What is required
Print the line that has "pub transactions : ℕ → Trans" in it, then every remaining line of the data, exactly and without anything extra.

═══ Data shown ═══

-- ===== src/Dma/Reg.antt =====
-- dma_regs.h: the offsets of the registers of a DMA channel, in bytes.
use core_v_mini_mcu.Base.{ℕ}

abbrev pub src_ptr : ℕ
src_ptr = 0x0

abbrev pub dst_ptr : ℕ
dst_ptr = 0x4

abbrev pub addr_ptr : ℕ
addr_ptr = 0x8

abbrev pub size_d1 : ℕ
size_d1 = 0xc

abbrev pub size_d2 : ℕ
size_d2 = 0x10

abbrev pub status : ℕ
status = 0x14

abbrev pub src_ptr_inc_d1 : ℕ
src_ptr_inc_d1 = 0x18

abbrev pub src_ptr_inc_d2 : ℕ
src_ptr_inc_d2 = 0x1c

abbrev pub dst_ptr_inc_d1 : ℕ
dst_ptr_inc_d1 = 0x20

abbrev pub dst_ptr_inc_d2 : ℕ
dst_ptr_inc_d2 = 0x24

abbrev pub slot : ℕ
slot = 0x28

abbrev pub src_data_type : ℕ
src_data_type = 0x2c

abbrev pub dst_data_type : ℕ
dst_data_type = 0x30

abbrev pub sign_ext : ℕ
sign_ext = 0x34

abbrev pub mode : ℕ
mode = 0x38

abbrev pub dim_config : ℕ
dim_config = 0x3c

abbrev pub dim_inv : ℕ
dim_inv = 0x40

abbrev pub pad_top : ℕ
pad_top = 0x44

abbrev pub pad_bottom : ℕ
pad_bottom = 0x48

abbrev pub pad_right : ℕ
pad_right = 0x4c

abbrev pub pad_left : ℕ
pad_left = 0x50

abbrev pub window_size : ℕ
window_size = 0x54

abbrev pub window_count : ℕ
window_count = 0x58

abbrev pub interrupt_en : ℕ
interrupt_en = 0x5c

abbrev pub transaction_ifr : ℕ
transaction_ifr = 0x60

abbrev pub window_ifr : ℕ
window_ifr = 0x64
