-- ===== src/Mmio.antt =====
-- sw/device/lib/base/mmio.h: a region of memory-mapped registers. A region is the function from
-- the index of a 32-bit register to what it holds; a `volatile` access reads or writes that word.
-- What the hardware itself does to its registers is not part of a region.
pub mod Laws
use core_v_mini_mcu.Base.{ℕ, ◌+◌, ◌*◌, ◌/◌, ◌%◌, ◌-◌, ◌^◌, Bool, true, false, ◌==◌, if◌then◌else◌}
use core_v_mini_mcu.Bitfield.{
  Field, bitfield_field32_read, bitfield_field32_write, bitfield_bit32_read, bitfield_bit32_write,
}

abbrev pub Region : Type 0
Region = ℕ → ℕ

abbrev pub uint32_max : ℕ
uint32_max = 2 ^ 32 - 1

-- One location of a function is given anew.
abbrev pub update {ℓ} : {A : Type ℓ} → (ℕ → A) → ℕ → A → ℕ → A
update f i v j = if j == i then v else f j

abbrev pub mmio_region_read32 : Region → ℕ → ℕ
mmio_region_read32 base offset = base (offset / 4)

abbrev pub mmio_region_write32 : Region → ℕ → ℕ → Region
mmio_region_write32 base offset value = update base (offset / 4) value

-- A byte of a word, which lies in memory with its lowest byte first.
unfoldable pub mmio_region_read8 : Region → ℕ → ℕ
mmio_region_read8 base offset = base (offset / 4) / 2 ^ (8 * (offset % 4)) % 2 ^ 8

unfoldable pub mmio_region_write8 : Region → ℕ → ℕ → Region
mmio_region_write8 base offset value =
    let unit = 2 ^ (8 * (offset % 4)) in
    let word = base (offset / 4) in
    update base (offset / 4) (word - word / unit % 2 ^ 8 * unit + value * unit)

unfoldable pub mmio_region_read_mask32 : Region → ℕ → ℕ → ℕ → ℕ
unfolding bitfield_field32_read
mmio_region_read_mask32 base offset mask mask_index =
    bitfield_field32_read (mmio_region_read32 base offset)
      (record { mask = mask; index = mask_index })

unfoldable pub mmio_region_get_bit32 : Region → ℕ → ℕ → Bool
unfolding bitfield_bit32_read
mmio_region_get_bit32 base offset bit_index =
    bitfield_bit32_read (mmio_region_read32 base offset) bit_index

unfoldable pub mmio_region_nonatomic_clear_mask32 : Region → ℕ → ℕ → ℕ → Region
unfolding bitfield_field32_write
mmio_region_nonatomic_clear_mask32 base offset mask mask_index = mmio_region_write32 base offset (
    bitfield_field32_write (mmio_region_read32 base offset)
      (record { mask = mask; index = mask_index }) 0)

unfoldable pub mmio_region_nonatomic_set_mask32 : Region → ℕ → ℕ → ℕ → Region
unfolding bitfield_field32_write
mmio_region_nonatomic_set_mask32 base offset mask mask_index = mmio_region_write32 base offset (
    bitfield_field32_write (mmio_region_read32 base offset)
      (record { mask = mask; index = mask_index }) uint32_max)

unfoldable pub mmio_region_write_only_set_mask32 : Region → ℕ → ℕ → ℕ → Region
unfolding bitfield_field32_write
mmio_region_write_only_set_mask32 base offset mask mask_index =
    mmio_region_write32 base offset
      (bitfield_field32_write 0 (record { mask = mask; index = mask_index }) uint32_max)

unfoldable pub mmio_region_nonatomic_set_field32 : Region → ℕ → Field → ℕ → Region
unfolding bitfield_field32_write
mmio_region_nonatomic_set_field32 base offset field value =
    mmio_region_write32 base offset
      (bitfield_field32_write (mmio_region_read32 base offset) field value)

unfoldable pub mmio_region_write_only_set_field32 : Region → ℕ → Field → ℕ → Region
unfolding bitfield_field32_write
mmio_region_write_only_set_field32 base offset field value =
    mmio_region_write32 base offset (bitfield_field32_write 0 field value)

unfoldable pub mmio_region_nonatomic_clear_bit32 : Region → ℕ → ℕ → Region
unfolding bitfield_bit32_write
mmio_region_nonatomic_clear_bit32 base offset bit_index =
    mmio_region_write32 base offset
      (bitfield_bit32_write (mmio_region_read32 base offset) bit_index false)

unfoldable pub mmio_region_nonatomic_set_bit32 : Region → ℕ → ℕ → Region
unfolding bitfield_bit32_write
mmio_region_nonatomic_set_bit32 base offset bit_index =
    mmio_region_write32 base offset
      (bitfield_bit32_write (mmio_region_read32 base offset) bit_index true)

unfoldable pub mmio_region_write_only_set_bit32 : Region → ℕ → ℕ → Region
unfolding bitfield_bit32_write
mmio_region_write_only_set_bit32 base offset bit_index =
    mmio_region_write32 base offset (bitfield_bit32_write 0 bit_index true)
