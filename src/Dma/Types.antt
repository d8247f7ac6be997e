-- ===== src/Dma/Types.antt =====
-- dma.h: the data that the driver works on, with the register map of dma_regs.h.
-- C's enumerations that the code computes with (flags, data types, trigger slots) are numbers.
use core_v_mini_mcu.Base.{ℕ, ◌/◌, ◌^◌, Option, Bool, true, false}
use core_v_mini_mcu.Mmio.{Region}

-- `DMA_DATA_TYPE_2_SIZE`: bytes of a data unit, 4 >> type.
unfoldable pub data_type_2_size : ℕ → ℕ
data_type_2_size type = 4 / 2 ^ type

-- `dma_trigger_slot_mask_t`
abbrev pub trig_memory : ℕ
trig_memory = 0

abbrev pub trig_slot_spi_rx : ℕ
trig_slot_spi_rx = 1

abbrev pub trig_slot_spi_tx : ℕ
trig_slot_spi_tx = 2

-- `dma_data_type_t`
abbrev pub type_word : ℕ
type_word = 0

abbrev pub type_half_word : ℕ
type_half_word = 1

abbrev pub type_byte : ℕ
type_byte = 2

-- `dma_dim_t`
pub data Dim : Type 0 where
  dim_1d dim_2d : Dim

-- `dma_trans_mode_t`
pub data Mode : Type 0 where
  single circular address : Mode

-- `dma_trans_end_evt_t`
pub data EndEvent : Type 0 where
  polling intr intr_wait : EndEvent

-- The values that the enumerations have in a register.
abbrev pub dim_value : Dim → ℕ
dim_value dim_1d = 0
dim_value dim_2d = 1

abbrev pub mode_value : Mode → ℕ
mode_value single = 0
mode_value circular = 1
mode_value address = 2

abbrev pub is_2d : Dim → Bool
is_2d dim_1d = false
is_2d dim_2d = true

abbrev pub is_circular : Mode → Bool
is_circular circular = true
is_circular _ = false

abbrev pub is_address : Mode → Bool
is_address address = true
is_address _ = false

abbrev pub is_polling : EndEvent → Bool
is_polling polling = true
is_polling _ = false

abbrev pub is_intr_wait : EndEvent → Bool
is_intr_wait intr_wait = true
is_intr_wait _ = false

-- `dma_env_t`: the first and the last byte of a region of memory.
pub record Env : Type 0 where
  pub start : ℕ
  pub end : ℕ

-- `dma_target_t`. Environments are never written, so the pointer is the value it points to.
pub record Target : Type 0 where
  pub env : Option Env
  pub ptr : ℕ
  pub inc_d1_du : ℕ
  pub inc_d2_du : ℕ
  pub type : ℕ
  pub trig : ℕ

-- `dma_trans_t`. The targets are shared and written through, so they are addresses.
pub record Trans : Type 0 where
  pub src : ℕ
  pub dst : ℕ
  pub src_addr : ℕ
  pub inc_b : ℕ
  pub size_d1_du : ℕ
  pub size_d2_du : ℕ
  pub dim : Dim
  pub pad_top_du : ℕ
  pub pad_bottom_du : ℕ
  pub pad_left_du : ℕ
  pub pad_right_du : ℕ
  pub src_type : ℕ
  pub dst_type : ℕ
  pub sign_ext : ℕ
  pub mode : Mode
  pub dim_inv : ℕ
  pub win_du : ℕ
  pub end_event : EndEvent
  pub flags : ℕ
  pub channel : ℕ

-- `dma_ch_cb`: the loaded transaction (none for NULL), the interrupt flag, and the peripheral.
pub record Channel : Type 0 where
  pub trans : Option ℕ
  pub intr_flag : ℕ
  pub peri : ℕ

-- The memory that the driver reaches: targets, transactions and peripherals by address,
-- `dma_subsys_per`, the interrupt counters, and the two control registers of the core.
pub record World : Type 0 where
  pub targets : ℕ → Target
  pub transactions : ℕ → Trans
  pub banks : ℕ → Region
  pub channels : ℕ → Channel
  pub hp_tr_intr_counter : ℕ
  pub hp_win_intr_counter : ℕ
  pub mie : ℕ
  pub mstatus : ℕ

═══

Exercise solution
  pub transactions : ℕ → Trans
  pub banks : ℕ → Region
  pub channels : ℕ → Channel
  pub hp_tr_intr_counter : ℕ
  pub hp_win_intr_counter : ℕ
  pub mie : ℕ
  pub mstatus : ℕ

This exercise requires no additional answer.